Author: Joe Linker

  • Sliding Into Saturday

    Two surfers seen from behind from  Redondo Beach Horseshoe Pier.

    The third in a series of surfing slides taken at the Redondo Beach horseshoe pier late 60’s early 70’s posted for “Sliding into Saturday.” 35 mm Ektachrome slide taken with an Exakta 500 with 120mm portrait lens.

    “Sliding into Saturday” is a blog meme, a day-themed prompt for posting electronic copies of old slide transparencies, usually 35 mm slides, but also 120 and 110 formats.

  • Hotelling

    No, I’ve not been living in a hotel; that would be Nabokov at Montreux Palace, Twain at the Chelsea, Simone de Beauvoir at the Hôtel La Louisiane. I’ve been reading books that take place in hotels. Some hot telling going on there, too.

    I just finished reading aloud to Susan “The Enchanted April,” by Elizabeth Von Arnim, first published in 1922, our copy a Penguin Classics, 2015. The Mesdames Wilkins and Arbuthnot answer an advertisement and arrange to spend a month in Italy:

    “To Those who Appreciate Wistaria and Sunshine. Small mediaeval Italian Castle on the shores of the Mediterranean to be let Furnished for the month of April. Necessary servants remain. Z, Box 1,000, The Times.” (3)

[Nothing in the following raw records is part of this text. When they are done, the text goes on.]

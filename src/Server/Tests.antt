-- ===== src/Server/Tests.antt =====
-- A loop with a stray event, one for each handler, and a failure of the next wait.
use shadowc.Base.{ℕ, some, ◌≡◌, refl, true, false, List, [], ◌∷◌, Bytes, find}
use shadowc.Base.Text.{codes}
use shadowc.Base.Int.{pos}
use shadowc.Memory.{ok}
use shadowc.Eventloop.{EpollEvent, EventLoop, Wait, ready, wait_error}
use shadowc.Eventloop
use shadowc.Eventloop.Schedule.{breaks, delivered, ends}
use shadowc.Asyncdns.Response.Tests.{roomy_malloc}
use shadowc.Asyncdns.Resolver.{Resolver, handle_event, closes}
use shadowc.Asyncdns.Resolver
use shadowc.Asyncdns.Resolver.History
use shadowc.Tcprelay.{Relay, Answers, Attempt, bind_loop}
use shadowc.Tcprelay
use shadowc.Tcprelay.Accepting
use shadowc.Server.{Server, Handler, resolver, relay, loop_of, on_event}
use shadowc.Server.Routing.{visits}
use shadowc.Server.Joining.{run-Routes}

abbrev empty_loop : EventLoop Handler
empty_loop = record { efd = pos 3; fd_handler_map = []; calls = [] }

abbrev listens : Attempt
listens = record { socket = pos 6; setsockopt = pos 0; bind = pos 0 }

abbrev listening : Relay ℕ
listening = record {
  server_socket = pos 6;
  has_loop = false;
  closed = false;
  fd_to_handlers = [];
  dns_resolver = 0;
}

abbrev asking : Resolver ℕ
asking = record {
  servers = codes "8.8.4.4" ∷ [];
  has_loop = true;
  dns_socket = pos 5;
  hostname_to_cb = (codes "a", 1 ∷ []) ∷ [];
  hostname_status_map = (codes "a", 0) ∷ [];
}

abbrev nine : Answers
nine = record { conn = pos 9; errno = 0; name_result = pos 0 }

-- The event of the resolver's socket is an error.
abbrev waits : List Wait
waits =
    ready (
      record { events = 1; fd = pos 8 }
      ∷ record { events = 1; fd = pos 6 }
      ∷ record { events = 8; fd = pos 5 }
      ∷ [])
    ∷ wait_error 9
    ∷ []

abbrev same_bytes : Bytes → Bytes
same_bytes address = address

run-Routes_example :
    let (_, loop', _) = Resolver.add_to_loop {C = ℕ} (pos 5) resolver Resolver.create empty_loop in
    let (l', loop'') = Tcprelay.add_to_loop relay listening loop' in
    let on = on_event 20 roomy_malloc same_bytes in
    (s : Server ℕ ℕ) × (Eventloop.run loop_of on waits (record {
      loop = loop'';
      resolving = ok (asking, []);
      buffers = [];
      relaying = (l', []);
      answers = nine ∷ [];
    })
      ≡ ends loop_of on (breaks waits) s)
    × (s.resolving ≡ ok (asking, closes (pos 5) ∷ []))
    × (s.relaying ≡ Accepting.run (visits (pos 6) (delivered waits) (nine ∷ [])) l')
unfolding find Tcprelay.create bind_loop History.run handle_event
run-Routes_example =
    run-Routes 20 roomy_malloc same_bytes (pos 5) empty_loop 0 (listens ∷ [])
      (λ s. (some 2, some 0)) (λ s. pos 0) listening _ waits [] (nine ∷ []) asking asking
      (closes (pos 5) ∷ []) (λ fd. refl) refl refl refl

    Who could resist? Not the insistent frumpy Mrs. Wilkins, who talks the reserved Mrs. Arbuthnot into the adventure, and the two abandon their troubled husbands in fog everywhere London, recruit two additional to their party to help defray expenses, the young and extraordinarily lovely socialite Lady Caroline and the lonely aging Mrs. Fisher, and train down to the sunny gardeny clime.

    Not strictly speaking a hotel, the castle originally a Genoese fortress, built to protect Portofino’s harbor, but Castello San Salvatore functions like a hotel in the book’s closed setting and stage-play like structure, where no character is at first what they might seem to be, and class or social structures or strictures are dissolved to reveal the human frailties of psychological skeletons. But if that sounds like a horror, it’s not; the book is profoundly funny, each character misinterpreting another in a comedy of manners, such that we first see each character not for what they are, or might become, but what someone else thinks they are, or where they might have come from, ignorant of their true origins, problems, needs and wants.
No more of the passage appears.